◆ **REQUIRED WORK**
Go through the entries below and pick out every line with "expired".

◆ **INPUT DATA**
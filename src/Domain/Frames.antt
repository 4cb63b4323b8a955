-- ===== src/Domain/Frames.antt =====
-- A whole tick counts once and loses no player.
use mas_dsmb.Prelude.{
  ◌≡◌, ◌&&◌, ◌∷◌, if◌then◌else◌, if-both, ℕ, suc, String, refl, ap, true, false, not, Option, none,
  some, List, [], Dict,
}
use mas_dsmb.Domain.Scalar.{Scalar}
use mas_dsmb.Domain.World.{InputState, Player, WorldState, CooperativeGate, Event}
use mas_dsmb.Domain.Collisions.{apply_physics}
use mas_dsmb.Domain.Objects.{handle_block_collisions, handle_powerup_collisions}
use mas_dsmb.Domain.Gates.{
  emit_some, meet_gates, meet_gate, set_gates, handle_gate_collisions, declare_victory,
  handle_victory_condition, victor, update_state, should_be_open, stopped_by, is_open,
  sync_objective_progress,
}
use mas_dsmb.Domain.Players.{
  GameEngine, emit, over_players, handle_collisions, clamp_players_to_world, with_world,
  remember_position, apply_inputs, clamp_character_to_world, touch_platforms,
}
use mas_dsmb.Domain.Enemies.{EnemyMovementCommand, handle_enemy_collisions, expire_powerup_effect}
use mas_dsmb.Domain.Engine.{tick, conclude, collide, move_players, move_enemies, count_tick}
use mas_dsmb.Domain.Kept.{
  Keeps, Keeps-refl, Keeps-trans, is_known, over_players-Keeps, apply_inputs-Keeps,
  handle_block_collisions-Keeps, handle_powerup_collisions-Keeps,
}
use mas_dsmb.Domain.Survival.{
  handle_enemy_collisions-Keeps, handle_void_deaths-Keeps, process_respawns-Keeps,
}

module _ (scalar : Scalar) where
  -- Between engines.
  abbrev LosesNothing : GameEngine scalar → GameEngine scalar → Type 0
  LosesNothing g g' = Keeps scalar g.world_state g'.world_state

  emit_some-Keeps :
      (event : Option (Event scalar)) (g : GameEngine scalar)
      → LosesNothing g (emit_some scalar event g)
  unfolding emit_some emit
  emit_some-Keeps none g = Keeps-refl scalar g.world_state
  emit_some-Keeps (some event) g = Keeps-refl scalar g.world_state

  meet_gate-Keeps :
      (gate : CooperativeGate scalar) (g : GameEngine scalar)
      → LosesNothing g (meet_gate scalar gate g).1
  unfolding meet_gate
  meet_gate-Keeps gate g =
      let updated = update_state scalar (should_be_open scalar g.world_state gate) gate in
      let told = emit_some scalar updated.1 g in
      if-both {A = GameEngine scalar} (LosesNothing g) (is_open (updated.0.state))
        (emit_some-Keeps updated.1 g)
        (Keeps-trans scalar (emit_some-Keeps updated.1 g)
          (over_players-Keeps scalar (stopped_by scalar updated.0) told))

  meet_gates-Keeps :
      (gates : Dict String (CooperativeGate scalar)) (g : GameEngine scalar)
      → LosesNothing g (meet_gates scalar gates g).1
  unfolding meet_gates
  meet_gates-Keeps [] g = Keeps-refl scalar g.world_state
  meet_gates-Keeps ((key, gate) ∷ rest) g =
      Keeps-trans scalar (meet_gate-Keeps gate g)
        (meet_gates-Keeps rest (meet_gate scalar gate g).1)

  handle_gate_collisions-Keeps :
      (g : GameEngine scalar) → LosesNothing g (handle_gate_collisions scalar g)
  unfolding handle_gate_collisions set_gates
  handle_gate_collisions-Keeps g =
      let met = meet_gates-Keeps g.world_state.environment.cooperative_gates g in
      record { number = met.number; known = met.known }

  declare_victory-Keeps :
      (winner : Option (Player scalar)) (w : WorldState scalar)
      → Keeps scalar w (declare_victory scalar winner w)
  unfolding declare_victory
  declare_victory-Keeps none w = Keeps-refl scalar w
  declare_victory-Keeps (some p) w = record { number = refl; known = λ id h. h }

  handle_victory_condition-Keeps :
      (g : GameEngine scalar) → LosesNothing g (handle_victory_condition scalar g)
  unfolding handle_victory_condition
  handle_victory_condition-Keeps g =
      let w = g.world_state in
      if-both {A = GameEngine scalar} (LosesNothing g) (g.is_authoritative && not w.victory)
        (declare_victory-Keeps (victor scalar w.environment.cooperative_gates w.characters) w)
        (Keeps-refl scalar w)

  move_players-Keeps :
      (now : ℕ) (dt : scalar.Number) (inputs : List (String × InputState)) (g : GameEngine scalar)
      → LosesNothing g (move_players scalar now dt inputs g)
  unfolding move_players
  move_players-Keeps now dt inputs g =
      let remembered = over_players scalar (remember_position scalar) g in
      let expired = over_players scalar (expire_powerup_effect scalar now) remembered in
      let applied = with_world scalar (apply_inputs scalar inputs) expired in
      Keeps-trans scalar (over_players-Keeps scalar (remember_position scalar) g) (
        Keeps-trans scalar (over_players-Keeps scalar (expire_powerup_effect scalar now) remembered)
          (Keeps-trans scalar (apply_inputs-Keeps scalar inputs expired.world_state)
            (over_players-Keeps scalar (apply_physics scalar dt) applied)))

  collide-Keeps :
      (now : ℕ) (dt : scalar.Number) (commands : Dict String EnemyMovementCommand)
      (g : GameEngine scalar)
      → LosesNothing g (collide scalar now dt commands g)
  unfolding collide handle_collisions move_enemies
  collide-Keeps now dt commands g =
      let landed = handle_collisions scalar g in
      let hit = handle_block_collisions scalar landed in
      let touched = handle_powerup_collisions scalar now hit in
      let enemies = move_enemies scalar dt commands touched in
      let met = handle_enemy_collisions scalar now enemies in
      let struck = handle_enemy_collisions-Keeps scalar now enemies in
      Keeps-trans scalar
        (over_players-Keeps scalar
          (λ p. touch_platforms scalar g.platforms (record p { on_ground = false })) g)
        (Keeps-trans scalar (handle_block_collisions-Keeps scalar landed) (
          Keeps-trans scalar (handle_powerup_collisions-Keeps scalar now hit) (
            Keeps-trans scalar (record { number = struck.number; known = struck.known })
              (handle_void_deaths-Keeps scalar now met))))

  conclude-Keeps : (now : ℕ) (g : GameEngine scalar) → LosesNothing g (conclude scalar now g)
  unfolding conclude sync_objective_progress clamp_players_to_world
  conclude-Keeps now g =
      let synced = with_world scalar (sync_objective_progress scalar) g in
      let gated = handle_gate_collisions scalar synced in
      let clamped = clamp_players_to_world scalar gated in
      let through = handle_gate_collisions-Keeps synced in
      Keeps-trans scalar (record { number = through.number; known = through.known })
        (Keeps-trans scalar
          (over_players-Keeps scalar (clamp_character_to_world scalar false gated) gated)
          (Keeps-trans scalar (handle_victory_condition-Keeps clamped)
            (process_respawns-Keeps scalar now (handle_victory_condition scalar clamped))))

  ticked :
      (now : ℕ) (dt : scalar.Number) (inputs : List (String × InputState))
      (commands : Dict String EnemyMovementCommand) (g : GameEngine scalar)
      → LosesNothing g (
          if g.world_state.victory
          then g
          else conclude scalar now
              (collide scalar now dt commands (move_players scalar now dt inputs g)))
  ticked now dt inputs commands g =
      let walked = move_players scalar now dt inputs g in
      if-both {A = GameEngine scalar} (LosesNothing g) g.world_state.victory
        (Keeps-refl scalar g.world_state)
        (Keeps-trans scalar (move_players-Keeps now dt inputs g) (
          Keeps-trans scalar (collide-Keeps now dt commands walked)
            (conclude-Keeps now (collide scalar now dt commands walked))))

  -- Every tick adds one to the world's sequence number, also after the victory.
  pub sequence_number-tick :
      (now : ℕ) (dt : scalar.Number) (inputs : List (String × InputState))
      (commands : Dict String EnemyMovementCommand) (g : GameEngine scalar)
      → (tick scalar now dt inputs commands g).world_state.sequence_number
        ≡ suc g.world_state.sequence_number
  unfolding tick count_tick
  sequence_number-tick now dt inputs commands g = ap suc (ticked now dt inputs commands g).number

  -- A player that is in the world or waits to respawn is in the world or waits to respawn after a
  -- tick, whatever it met.
  pub is_known-tick :
      (now : ℕ) (dt : scalar.Number) (inputs : List (String × InputState))
      (commands : Dict String EnemyMovementCommand) (g : GameEngine scalar) (id : String)
      → is_known scalar id g.world_state ≡ true
      → is_known scalar id (tick scalar now dt inputs commands g).world_state ≡ true
  unfolding tick count_tick
  is_known-tick now dt inputs commands g id h = (ticked now dt inputs commands g).known id h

◆ **YOUR SOLUTION**
      let expired = over_players scalar (expire_powerup_effect scalar now) remembered in
      let applied = with_world scalar (apply_inputs scalar inputs) expired in
          (Keeps-trans scalar (apply_inputs-Keeps scalar inputs expired.world_state)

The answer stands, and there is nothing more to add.